El indicador adelantado de inflación se sitúa en el 2,3%. Continúa así la tendencia de mayo, cuando por primera vez en los últimos años la economía dejó atrás la anomalía de un IPC muy bajo pese al fuerte crecimiento. Pero el modo en que los precios se corrigen hace saltar las alarmas.
Las alzas son vertiginosas: dos meses bastan para alcanzar el mayor nivel en más de un año. Pero más preocupante es que son los productos energéticos los motores. Su encarecimiento tiene visos de que será duradero, aun cuando el crudo modere sus alzas por el aumento de la oferta.
El hecho de que el dólar se aprecia impulsará el precio. Además, los carburantes tienen un fuerte impacto en el consumo y su encarecimiento llega en un momento delicado. La caída de las ventas minoristas en mayo evidencia que la demanda interna muestra visos de agotamiento. En paralelo, hay otros desequilibrios que resurgen.
El déficit del Estado roza el 1,2% hasta mayo, ya muy lejos del 0,7% con el que debería cerrar el curso. Sobre esta base, es probable que el conjunto del sector público no cumpla el compromiso de reducir sus números rojos hasta el 2,2%, en puertas del nuevo ajuste que la UE le demandará en 2019. Es indudable que la combinación de estos factores, inflación y mayor déficit, unidos a otros que ya están en gestación (como la desaceleración del PIB) debilitan el panorama.

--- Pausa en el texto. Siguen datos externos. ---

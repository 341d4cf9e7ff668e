-- ===== src/Proto/Handshake/Secured.antt =====
-- Handshakes with a server that asks for credentials.
use revdial.Common.{ℕ, ◌≡◌, refl, ap, List, [], ◌∷◌, ◌++◌, length, ok, err, some, true, false}
use revdial.Proto.Static.{cmd_register, user_pass_auth, res_success, res_failure}
use revdial.Proto.Failure.{Error, auth_refused, authentication_failed}
use revdial.Proto.Conn.{Conn, read_msg, write, send_request, close}
use revdial.Proto.Conn.Laws.{healthy}
use revdial.Proto.Uuid.{Uuid}
use revdial.Proto.Client.Types.{Client, ClientOption, user_pass, credentials, with_user_pass}
use revdial.Proto.Client.Types
use revdial.Proto.Client.Session.{register, establish, handle_register, handle_auth, cancel}
use revdial.Proto.Server.Types.{Server, Verifier}
use revdial.Proto.Server.Types as Served
use revdial.Proto.Server.Init.{handle_init, try_methods, handle_user_pass_auth}
use revdial.Proto.Server.Init.{handle_auth as server_handle_auth}
use revdial.Proto.Server.Session.{process, handle_command}
use revdial.Proto.Handshake.ServerSteps.{
  server_at, init_user_pass, init_wrong_pass, command_register,
}
use revdial.Proto.Handshake.Exchange.{Outcome, Settles, replies_after, settle_two, settle_three}
use revdial.Proto.Handshake.Rounds.{new_at, HasRegistered, Serves}

-- A server with an authentication function and no other way in.
abbrev pub secured : Verifier → Conn → Server
secured verify = server_at Served.connected [] (some verify) false

-- A call that failed has left the connection closed and no session.
abbrev pub ClientFails : Error → Outcome Client → Type 0
ClientFails e (r, c) =
    (r ≡ err e) × (c.state ≡ Types.processing) × (c.ctx ≡ Types.cancelled) × (c.conn.closed ≡ true)

abbrev pub ServerFails : Error → Outcome Server → Type 0
ServerFails e (r, s) = (r ≡ err e) × (s.state ≡ Served.processing) × (s.conn.closed ≡ true)

abbrev ask : List ℕ
ask = 1 ∷ user_pass_auth ∷ []

abbrev yes_reply : List ℕ
yes_reply = 1 ∷ res_success ∷ []

abbrev no_reply : List ℕ
no_reply = 1 ∷ res_failure ∷ []

module _ (u : Uuid) (verify : Verifier) where
  serve_ask :
      (process u (secured verify (healthy ((1 ∷ 1 ∷ user_pass_auth ∷ []) ∷ []) []))).1.conn.outbound
      ≡ ask ∷ []
  unfolding process handle_command handle_init try_methods server_handle_auth handle_user_pass_auth
      send_request read_msg write close
  serve_ask = refl

  module _ (a b : ℕ) (as' bs' : List ℕ) where
    abbrev pub token : List ℕ
    token = credentials (a ∷ as') (b ∷ bs')

    abbrev offered : List (List ℕ) → List (List ℕ)
    offered segs =
        (1 ∷ 1 ∷ user_pass_auth ∷ [])
        ∷ (1 ∷ length (a ∷ as') ∷ (a ∷ as') ++ length (b ∷ bs') ∷ b ∷ bs')
        ∷ segs

    serve_granted :
        verify (a ∷ as') (b ∷ bs') ≡ true
        → (process u (secured verify (healthy (offered []) []))).1.conn.outbound
          ≡ ask ∷ yes_reply ∷ []
    unfolding process handle_command read_msg close
    serve_granted e = simp (init_user_pass Served.processing [] verify false a b as' bs' [] [] e)

    serve_denied :
        verify (a ∷ as') (b ∷ bs') ≡ false
        → process u (secured verify (healthy (offered []) [])) ≡ (
          err authentication_failed,
          server_at Served.processing [] (some verify) false (record {
            inbound = [] ∷ [];
            outbound = ask ∷ no_reply ∷ [];
            closed = true;
            failing = [];
          }),
        )
    unfolding process close
    serve_denied e = simp (init_wrong_pass Served.processing [] verify false a b as' bs' [] [] e)

    serve_registered :
        (id : List ℕ)
        → length id ≡ 16
        → verify (a ∷ as') (b ∷ bs') ≡ true
        → process u (secured verify (healthy (offered ((1 ∷ cmd_register ∷ id) ∷ [])) [])) ≡ (
          ok tt,
          server_at Served.registered id
              (some verify)
              false
              (healthy ([] ∷ []) (ask ∷ yes_reply ∷ yes_reply ∷ [])),
        )
    unfolding process
    serve_registered id n e = simp (
      init_user_pass Served.processing [] verify false a b as' bs' ((1 ∷ cmd_register ∷ id) ∷ []) []
          e,
      command_register u id [] (some verify) false [] (ask ∷ yes_reply ∷ []) n,
    )

  module _ (id : List ℕ) (n : length id ≡ 16) (a b : ℕ) (as' bs' : List ℕ) where
    pub granted :
        verify (a ∷ as') (b ∷ bs') ≡ true
        → Settles
            (register id)
            (new_at user_pass_auth (token a b as' bs'))
            (process u)
            (secured verify)
            3
            HasRegistered
            (Serves Served.registered id)
    unfolding register establish handle_register handle_auth read_msg write send_request close
        cancel credentials
    granted e =
        let full : replies_after (register id) (new_at user_pass_auth (token a b as' bs'))
              (process u) (secured verify) (ask ∷ yes_reply ∷ yes_reply ∷ [])
            ≡ ask ∷ yes_reply ∷ yes_reply ∷ [] =
          ap (λ r. r.1.conn.outbound) (serve_registered a b as' bs' id n e) in
        settle_three (register id) (new_at user_pass_auth (token a b as' bs')) (process u)
          (secured verify) (ask ∷ []) (ask ∷ yes_reply ∷ []) (ask ∷ yes_reply ∷ yes_reply ∷ [])
          serve_ask (serve_granted a b as' bs' e) full full (refl, refl, refl, refl)
          (simp (serve_registered a b as' bs' id n e) (refl, refl, refl, refl))

    pub denied :
        verify (a ∷ as') (b ∷ bs') ≡ false
        → Settles
            (register id)
            (new_at user_pass_auth (token a b as' bs'))
            (process u)
            (secured verify)
            2
            (ClientFails (auth_refused res_failure))
            (ServerFails authentication_failed)
    unfolding register establish handle_register handle_auth read_msg write send_request close
        cancel credentials
    denied e =
        let full : replies_after (register id) (new_at user_pass_auth (token a b as' bs'))
              (process u) (secured verify) (ask ∷ no_reply ∷ [])
            ≡ ask ∷ no_reply ∷ [] =
          ap (λ r. r.1.conn.outbound) (serve_denied a b as' bs' e) in
        settle_two (register id) (new_at user_pass_auth (token a b as' bs')) (process u)
          (secured verify) (ask ∷ []) (ask ∷ no_reply ∷ []) serve_ask full full
          (refl, refl, refl, refl) (simp (serve_denied a b as' bs' e) (refl, refl, refl))
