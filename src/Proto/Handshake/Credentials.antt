-- ===== src/Proto/Handshake/Credentials.antt =====
-- What a client with credentials meets, as `WithUserPass` makes them.
use revdial.Common.{ℕ, ◌≡◌, ◌<◌, refl, subst, List, [], ◌∷◌, length, ok, true, false, arith}
use revdial.Proto.Static.{no_auth, user_pass_auth, res_failure}
use revdial.Proto.Failure.{auth_refused, authentication_failed, no_acceptable_method}
use revdial.Proto.Conn.{read_msg, write, send_request, close}
use revdial.Proto.Uuid.{Uuid}
use revdial.Proto.Client.Types.{user_pass, credentials, with_user_pass}
use revdial.Proto.Client.Session.{register, establish, handle_auth, cancel}
use revdial.Proto.Server.Types.{Verifier}
use revdial.Proto.Server.Types as Served
use revdial.Proto.Server.Init.{handle_init, try_methods}
use revdial.Proto.Server.Init.{handle_auth as server_handle_auth}
use revdial.Proto.Server.Session.{process}
use revdial.Proto.Handshake.Exchange.{Settles}
use revdial.Proto.Handshake.Rounds.{new_at, plain, HasRegistered, Serves}
use revdial.Proto.Handshake.Secured.{secured, ClientFails, ServerFails, granted, denied}

token_of_option :
    (name password token : List ℕ)
    → with_user_pass name password ≡ ok (user_pass token)
    → credentials name password ≡ token
unfolding with_user_pass
token_of_option name password token e = ground arith

module _ (u : Uuid) (verify : Verifier) (id : List ℕ) (n : length id ≡ 16) where
  -- With an id of 16 bytes and a nonempty name and password that `WithUserPass` takes and the server's
  -- function accepts, Register against Process settles after three round trips: both succeed, the
  -- client is registered on an open connection, and the server holds its id.
  pub register_granted :
      (name password token : List ℕ)
      → with_user_pass name password ≡ ok (user_pass token)
      → 0 < length name
      → 0 < length password
      → verify name password ≡ true
      → Settles
          (register id)
          (new_at user_pass_auth token)
          (process u)
          (secured verify)
          3
          HasRegistered
          (Serves Served.registered id)
  register_granted [] password token e p q v = absurd (omega arith)
  register_granted (a ∷ xs) [] token e p q v = absurd (omega arith)
  register_granted (a ∷ xs) (b ∷ ys) token e p q v =
      subst
        (λ t.
          Settles (register id) (new_at user_pass_auth t) (process u) (secured verify) 3
            HasRegistered (Serves Served.registered id))
        (token_of_option (a ∷ xs) (b ∷ ys) token e) (granted u verify id n a b xs ys v)

  -- With an id of 16 bytes and a nonempty name and password that `WithUserPass` takes and the server's
  -- function rejects, Register against Process settles after two round trips: both calls fail with
  -- their authentication errors, and both ends have closed the connection.
  pub register_denied :
      (name password token : List ℕ)
      → with_user_pass name password ≡ ok (user_pass token)
      → 0 < length name
      → 0 < length password
      → verify name password ≡ false
      → Settles
          (register id)
          (new_at user_pass_auth token)
          (process u)
          (secured verify)
          2
          (ClientFails (auth_refused res_failure))
          (ServerFails authentication_failed)
  register_denied [] password token e p q v = absurd (omega arith)
  register_denied (a ∷ xs) [] token e p q v = absurd (omega arith)
  register_denied (a ∷ xs) (b ∷ ys) token e p q v =
      subst
        (λ t.
          Settles (register id) (new_at user_pass_auth t) (process u) (secured verify) 2
            (ClientFails (auth_refused res_failure)) (ServerFails authentication_failed))
        (token_of_option (a ∷ xs) (b ∷ ys) token e) (denied u verify id n a b xs ys v)

module _ (u : Uuid) (verify : Verifier) (id token : List ℕ) where
  -- A client with no credentials at a server that asks for some, and a client with credentials at a
  -- server that asks for none: both calls fail in one round trip with the error of no acceptable
  -- method, and both ends have closed the connection.
  pub register_mismatch :
      Settles
        (register id)
        (new_at no_auth [])
        (process u)
        (secured verify)
        1
        (ClientFails no_acceptable_method)
        (ServerFails no_acceptable_method)
      × Settles
          (register id)
          (new_at user_pass_auth token)
          (process u)
          plain
          1
          (ClientFails no_acceptable_method)
          (ServerFails no_acceptable_method)
  unfolding register establish handle_auth read_msg write send_request close cancel process
      handle_init try_methods server_handle_auth
  register_mismatch = (
    record {
      settled = refl;
      client_ends = (refl, refl, refl, refl);
      server_ends = (refl, refl, refl);
    },
    record {
      settled = refl;
      client_ends = (refl, refl, refl, refl);
      server_ends = (refl, refl, refl);
    },
  )
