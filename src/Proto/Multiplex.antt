-- ===== src/Proto/Multiplex.antt =====
-- Version 2 of the protocol: proto/client_v2.go and proto/server_v2.go. After authentication the
-- connection becomes a yamux session, and registration goes over its first stream.
pub mod Yamux
pub mod ClientEnd
pub mod ServerEnd
pub mod Versions
pub mod Admission
pub mod Wires
pub mod Registration
pub mod NoFallback
pub mod Frames
pub mod Outcomes
mod Scenarios
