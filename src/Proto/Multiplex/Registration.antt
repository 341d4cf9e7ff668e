-- ===== src/Proto/Multiplex/Registration.antt =====
-- Both ends of a registration by version 2.
use revdial.Common.{
  ℕ, ◌≡◌, refl, List, [], ◌∷◌, length, ok, none, some, Option, true, false, Result,
}
use revdial.Mux.{Config, to_yamux}
use revdial.Proto.Static.{no_auth, cmd_register, cmd_mux_init, cmd_mux_ready, res_success}
use revdial.Proto.Failure.{Error}
use revdial.Proto.Conn.{Conn, read_msg, write, close, send_request}
use revdial.Proto.Conn.Laws.{healthy, read_uuid}
use revdial.Proto.Uuid.{Uuid}
use revdial.Proto.Client.Types as Dialling
use revdial.Proto.Client.Session.{establish, handle_auth}
use revdial.Proto.Server.Types as Serving
use revdial.Proto.Server.Init.{handle_init, try_methods}
use revdial.Proto.Server.Init.{handle_auth as server_handle_auth}
use revdial.Proto.Handshake.Rounds.{new_at, plain}
use revdial.Proto.Multiplex.Yamux.{Yamux, sizes}
use revdial.Proto.Multiplex.ClientEnd.{ClientV2, register}
use revdial.Proto.Multiplex.ClientEnd as ClientEnd
use revdial.Proto.Multiplex.ServerEnd.{ServerV2, process, register_on_control}
use revdial.Proto.Handshake.ServerSteps.{server_at}
use revdial.Proto.Multiplex.ServerEnd as ServerEnd
use revdial.Proto.Multiplex.Wires.{Wires, Settles, silence, settles, round}

-- `y q` stands for yamux where q is what comes over the first stream. Documented: over an open
-- connection both ends start a session with a configuration that yamux takes, and the first stream
-- that one end opens is the first that the other accepts.
pub record Carries {S R : Type 0} (y : List (List ℕ) → Yamux S R)
    (client_config server_config : Config) : Type 0 where
  pub client_session : List (List ℕ) → Conn → S
  pub client_rest : List (List ℕ) → Conn → S
  pub server_session : List (List ℕ) → Conn → S
  pub server_rest : List (List ℕ) → Conn → S
  pub client_starts :
      (q : List (List ℕ)) (conn : Conn)
      → (y q).client_session (to_yamux (y q).yamux_default client_config) conn
        ≡ some (client_session q conn)
  pub client_opens :
      (q : List (List ℕ)) (conn : Conn)
      → (y q).open_stream (client_session q conn) ≡ (some (healthy q []), client_rest q conn)
  pub server_starts :
      (q : List (List ℕ)) (conn : Conn)
      → (y q).server_session (to_yamux (y q).yamux_default server_config) conn
        ≡ some (server_session q conn)
  pub server_accepts :
      (q : List (List ℕ)) (conn : Conn)
      → (y q).accept_stream (server_session q conn) ≡ (some (healthy q []), server_rest q conn)

-- What an end has written: over the connection, which the session has taken over from some point on,
-- and over the control stream.
abbrev written : Option Conn → Conn → List (List ℕ)
written none conn = conn.outbound
written (some below) conn = below.outbound

abbrev streamed : Option Conn → List (List ℕ)
streamed none = []
streamed (some stream) = stream.outbound

module _ {S : Type 0} where
  abbrev pub requests_of : Result Error (Unit {0}) × ClientV2 S → Wires
  requests_of (r, c) = record { plain = written c.below c.base.conn; control = streamed c.control }

  abbrev pub replies_of : Result Error (Unit {0}) × ServerV2 S → Wires
  replies_of (r, s) = record { plain = written s.below s.base.conn; control = streamed s.control }

  -- The client is registered over a session, on an open control stream.
  abbrev pub HasRegistered : Result Error (Unit {0}) × ClientV2 S → Type 0
  HasRegistered (r, c) =
      (r ≡ ok tt)
      × (c.is_v2 ≡ true)
      × (c.base.state ≡ Dialling.registered)
      × (c.base.ctx ≡ Dialling.live)
      × (c.base.conn.closed ≡ false)

  abbrev pub Serves : List ℕ → Result Error (Unit {0}) × ServerV2 S → Type 0
  Serves id (r, s) =
      (r ≡ ok tt)
      × (s.is_v2 ≡ true)
      × (s.base.state ≡ Serving.registered)
      × (s.base.id ≡ id)
      × (s.base.conn.closed ≡ false)

module _ {S R : Type 0} (u : Uuid) (y : List (List ℕ) → Yamux S R) (id : List ℕ)
    (client_config server_config : Config) where
  abbrev pub client_run : Wires → Result Error (Unit {0}) × ClientV2 S
  client_run w =
      register (y w.control) id (record (ClientEnd.over (new_at no_auth [] (healthy w.plain []))) {
        mux_config = client_config;
      })

  abbrev pub server_run : Wires → Result Error (Unit {0}) × ServerV2 S
  server_run w =
      process u (y w.control)
        (record (ServerEnd.over (plain (healthy w.plain []))) { mux_config = server_config })

  abbrev greeting : List (List ℕ)
  greeting = (1 ∷ 1 ∷ no_auth ∷ []) ∷ []

  abbrev asking : List (List ℕ)
  asking = (1 ∷ 1 ∷ no_auth ∷ []) ∷ (1 ∷ cmd_mux_init ∷ sizes client_config) ∷ []

  abbrev ready : List (List ℕ)
  ready = (1 ∷ no_auth ∷ []) ∷ (1 ∷ cmd_mux_ready ∷ []) ∷ sizes server_config ∷ []

  client_first : requests_of (client_run silence) ≡ record { plain = greeting; control = [] }
  unfolding register establish handle_auth send_request read_msg write
  client_first = refl

  server_first :
      replies_of (server_run (record { plain = greeting; control = [] }))
      ≡ record { plain = (1 ∷ no_auth ∷ []) ∷ []; control = [] }
  unfolding process handle_init try_methods server_handle_auth read_msg write close
  server_first = refl

  client_second :
      requests_of (client_run (record { plain = (1 ∷ no_auth ∷ []) ∷ []; control = [] }))
      ≡ record { plain = asking; control = [] }
  unfolding register establish handle_auth send_request read_msg write
  client_second = refl

  module _ (w : Carries y client_config server_config) where
    server_second :
        replies_of (server_run (record { plain = asking; control = [] }))
        ≡ record { plain = ready; control = [] }
    unfolding process handle_init try_methods server_handle_auth read_msg write close sizes
        register_on_control
    server_second = simp (w.server_starts, w.server_accepts) refl

    client_third :
        requests_of (client_run (record { plain = ready; control = [] }))
        ≡ record { plain = asking; control = (1 ∷ cmd_register ∷ id) ∷ [] }
    unfolding register establish handle_auth send_request read_msg write sizes
    client_third = simp (w.client_starts, w.client_opens) refl

    module _ (n : length id ≡ 16) where
      -- The server once the session runs, before and after the registration.
      abbrev at_control : List (List ℕ) → Conn → ServerV2 S
      at_control segs conn =
          record (ServerEnd.over (server_at Serving.processing [] none true conn)) {
            session = some (w.server_rest segs conn);
            mux_config = server_config;
            is_v2 = true;
            below = some conn;
            control = some (healthy segs []);
          }

      control_registers :
          (segs : List (List ℕ)) (conn : Conn)
          → register_on_control u (at_control ((1 ∷ cmd_register ∷ id) ∷ segs) conn) ≡ (
            ok tt,
            record (ServerEnd.over (
                server_at Serving.registered id none true
                  (healthy ([] ∷ segs) ((1 ∷ res_success ∷ []) ∷ [])))) {
                    session = some (w.server_rest ((1 ∷ cmd_register ∷ id) ∷ segs) conn);
                    mux_config = server_config;
                    is_v2 = true;
                    below = some conn;
                    control = some (healthy ([] ∷ segs) ((1 ∷ res_success ∷ []) ∷ []));
                  },
          )
      unfolding register_on_control read_msg write
      control_registers segs conn = simp (read_uuid id segs [] n, u.from_bytes_sixteen id n)

      server_reaches_control :
          (segs : List (List ℕ))
          → server_run (record { plain = asking; control = segs })
            ≡ register_on_control u (at_control segs (healthy ([] ∷ []) ready))
      unfolding process handle_init try_methods server_handle_auth read_msg write close sizes
      server_reaches_control segs = simp (w.server_starts, w.server_accepts)

      server_third :
          let asked : Wires = record { plain = asking; control = (1 ∷ cmd_register ∷ id) ∷ [] } in
          Serves id (server_run asked)
          × (replies_of (server_run asked)
              ≡ record { plain = ready; control = (1 ∷ res_success ∷ []) ∷ [] })
      server_third =
          rw
            (
              server_reaches_control ((1 ∷ cmd_register ∷ id) ∷ []),
              control_registers [] (healthy ([] ∷ []) ready),
            )
            ((refl, refl, refl, refl, refl), refl)

      client_ends :
          let all : Wires = record { plain = ready; control = (1 ∷ res_success ∷ []) ∷ [] } in
          HasRegistered (client_run all)
          × (requests_of (client_run all)
              ≡ record { plain = asking; control = (1 ∷ cmd_register ∷ id) ∷ [] })
      unfolding register establish handle_auth send_request read_msg write sizes
      client_ends = simp (w.client_starts, w.client_opens) ((refl, refl, refl, refl, refl), refl)

      -- Without authentication, between ends whose configurations yamux takes, Register of version 2 with
      -- an id of 16 bytes against Process of version 2 settles after three round trips: both
      -- succeed, both use a session, and the server holds the client's id.
      pub register_v2 :
          Settles client_run requests_of server_run replies_of 3 HasRegistered (Serves id)
      register_v2 =
          let one =
            round client_run requests_of server_run replies_of 0 refl client_first server_first in
          let two =
            round client_run requests_of server_run replies_of 1 one client_second server_second in
          let three =
            round client_run requests_of server_run replies_of 2 two client_third server_third.1 in
          settles client_run requests_of server_run replies_of 3 three client_ends.1 server_third.1
            client_ends.0 server_third.0
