-- ===== src/Proto/Multiplex/NoFallback.antt =====
-- A client of version 2 at a server of version 1.
use revdial.Common.{ℕ, ◌≡◌, refl, List, [], err, none, true, false, Result}
use revdial.Mux.{Config}
use revdial.Proto.Static.{no_auth, cmd_mux_init}
use revdial.Proto.Failure.{Error, eof, unsupported_command}
use revdial.Proto.Conn.{read_msg, write, close, send_request}
use revdial.Proto.Conn.Laws.{healthy}
use revdial.Proto.Uuid.{Uuid}
use revdial.Proto.Client.Types as Dialling
use revdial.Proto.Client.Session.{establish, handle_auth}
use revdial.Proto.Server.Types.{Server}
use revdial.Proto.Server.Types as Serving
use revdial.Proto.Server.Init.{handle_init, try_methods}
use revdial.Proto.Server.Init.{handle_auth as server_handle_auth}
use revdial.Proto.Server.Session.{process, handle_command}
use revdial.Proto.Handshake.Rounds.{new_at, plain}
use revdial.Proto.Multiplex.Yamux.{Yamux}
use revdial.Proto.Multiplex.ClientEnd.{ClientV2, register, over}
use revdial.Proto.Multiplex.Wires.{Wires, Settles}
use revdial.Proto.Multiplex.Registration.{requests_of}

abbrev pub replies_of : Result Error (Unit {0}) × Server → Wires
replies_of (r, s) = record { plain = s.conn.outbound; control = [] }

-- The call has failed, and nothing has been closed or cancelled.
abbrev pub Hangs : {S : Type 0} → Result Error (Unit {0}) × ClientV2 S → Type 0
Hangs (r, c) =
    (r ≡ err eof)
    × (c.session ≡ none)
    × (c.base.state ≡ Dialling.processing)
    × (c.base.ctx ≡ Dialling.live)
    × (c.base.conn.closed ≡ false)

abbrev pub Refuses : Result Error (Unit {0}) × Server → Type 0
Refuses (r, s) =
    (r ≡ err (unsupported_command cmd_mux_init))
    × (s.state ≡ Serving.processing)
    × (s.conn.closed ≡ true)

module _ {S R : Type 0} (u : Uuid) (y : List (List ℕ) → Yamux S R) (id : List ℕ)
    (config : Config) where
  abbrev pub client_run : Wires → Result Error (Unit {0}) × ClientV2 S
  client_run w =
      register (y w.control) id
        (record (over (new_at no_auth [] (healthy w.plain []))) { mux_config = config })

  abbrev pub server_run : Wires → Result Error (Unit {0}) × Server
  server_run w = process u (plain (healthy w.plain []))

  -- Register of version 2, which says that it falls back to version 1, does not: a client without
  -- credentials that runs it against Process of version 1 on a server without authentication settles
  -- after one round trip, the server refuses the command and closes the
  -- connection, and the client fails in its processing state, registered with neither version.
  pub no_fallback : Settles client_run requests_of server_run replies_of 1 Hangs Refuses
  unfolding register establish handle_auth send_request read_msg write process handle_init
      try_methods server_handle_auth handle_command close
  no_fallback = record {
    settled = refl;
    client_ends = (refl, refl, refl, refl, refl);
    server_ends = (refl, refl, refl);
  }
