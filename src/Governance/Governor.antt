-- ===== src/Governance/Governor.antt =====
-- `ModelGovernor` of src/gpuopt/model_governance/governance.py: registration, promotion and
-- prediction. The drift monitor's scores for the champion are an argument.
pub mod Laws
pub mod Predict
use gpuopt.Base.{
  ℕ, String, Bool, true, false, ◌&&◌, ◌||◌, Option, none, some, List, [], ◌∷◌, ltb, is_none,
  if◌then◌else◌,
}
use gpuopt.Base.Dict.{lookup}
use gpuopt.Governance.Models.{
  Uuid, ModelActionClass, ModelStatus, draft, challenger, ModelVersion, ApprovalRequest,
  GovernanceConfig,
}
use gpuopt.Governance.Registry.{
  ModelRegistry, register, get, update_status, promote_challenger, get_champion, record_prediction,
}
use gpuopt.Governance.Approval.{Requests, requires_approval, request_approval}
use gpuopt.Governance.Fallback.{
  Starts, Reason, should_fallback, activate_fallback, is_fallback_active, check_recovery,
}

pub record Governor : Type 0 where
  pub registry : ModelRegistry
  pub requests : Requests
  pub starts : Starts

-- `register_model`; `fresh` and `fresh_request` are new UUIDs, and `window_end` the end of the
-- training window.
unfoldable pub register_model :
    GovernanceConfig
    → Uuid
    → Uuid
    → ℕ
    → String
    → String
    → ModelActionClass
    → String
    → Option ℕ
    → Governor
    → ModelVersion × Governor
register_model config fresh fresh_request now name version c owner window_end g =
    let v : ModelVersion = record {
      id = fresh;
      model_name = name;
      version = version;
      action_class = c;
      status = draft;
      owner = owner;
      created_at = now;
      updated_at = now;
      training_data_window_end = window_end;
      approved_by = none;
      approved_at = none;
      approval_note = "";
      certification_days = 90;
      certified_until = none;
    } in
    let r = register v g.registry in
    if requires_approval config v
    then (
      v,
      record g {
        registry = r;
        requests = (request_approval fresh_request now v owner none g.requests).1;
      },
    )
    else (
      record v { status = challenger; updated_at = now },
      record g { registry = (update_status fresh challenger now r).1 },
    )

abbrev pub is_expired : Option ℕ → ℕ → Bool
is_expired none now = false
is_expired (some until) now = ltb until now

unfoldable pub set_champion :
    GovernanceConfig → Uuid → ℕ → Governor → Option ModelVersion × Governor
set_champion config vid now g = elim (get vid g.registry) [
  | none ↦ (none, g)
  | some v ↦
      if requires_approval config v && is_none v.approved_by
      then (none, g)
      else if is_expired v.certified_until now
      then (none, g)
      else let (promoted, r) = promote_challenger v.action_class now g.registry in
        (promoted, record g { registry = r })
]

-- What `predict` answers: the model's version, or a fallback.
pub data Prediction : Type 0 where
  no_champion : Prediction
  fallback : Reason → Prediction
  still_in_fallback : Prediction
  model : Uuid → ℕ → Prediction

-- The part of `predict` after the champion was judged fit.
pub predict_fit :
    GovernanceConfig
    → ModelActionClass
    → ModelVersion
    → ℕ
    → List ℕ
    → ℕ
    → Governor
    → Prediction × Governor
predict_fit config c v confidence drift_scores now g =
    let (recovered, s) =
      check_recovery config.fallback v confidence drift_scores now (g.registry, g.starts) in
    if is_fallback_active c g.starts
    then if recovered
      then (
        model v.id confidence,
        record g { registry = record_prediction v.id confidence s.0; starts = s.1 },
      )
      else (still_in_fallback, record g { registry = s.0; starts = s.1 })
    else (
      model v.id confidence,
      record g { registry = record_prediction v.id confidence g.registry },
    )

unfoldable pub predict :
    GovernanceConfig → ModelActionClass → ℕ → List ℕ → ℕ → Governor → Prediction × Governor
unfolding predict_fit
predict config c confidence drift_scores now g = elim (get_champion c g.registry) [
  | none ↦ (no_champion, g)
  | some v ↦
      let (should, reason) =
        should_fallback config.fallback v confidence drift_scores now g.starts in
      if should
      then (let s = activate_fallback c now (g.registry, g.starts) in
          (fallback reason, record g { registry = s.0; starts = s.1 }))
      else predict_fit config c v confidence drift_scores now g
]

Es posible que ni los vientos de cola que aún quedan (como el ahorro en intereses de deuda pública) puedan paliarlo. El Gobierno debe tomar en serio este cambio de escenario y no esconderse tras excusas como culpar al anterior Ejecutivo de incumplir sus previsiones de déficit. En un contexto así, las alzas de gasto e impuestos que planea implican graves riesgos.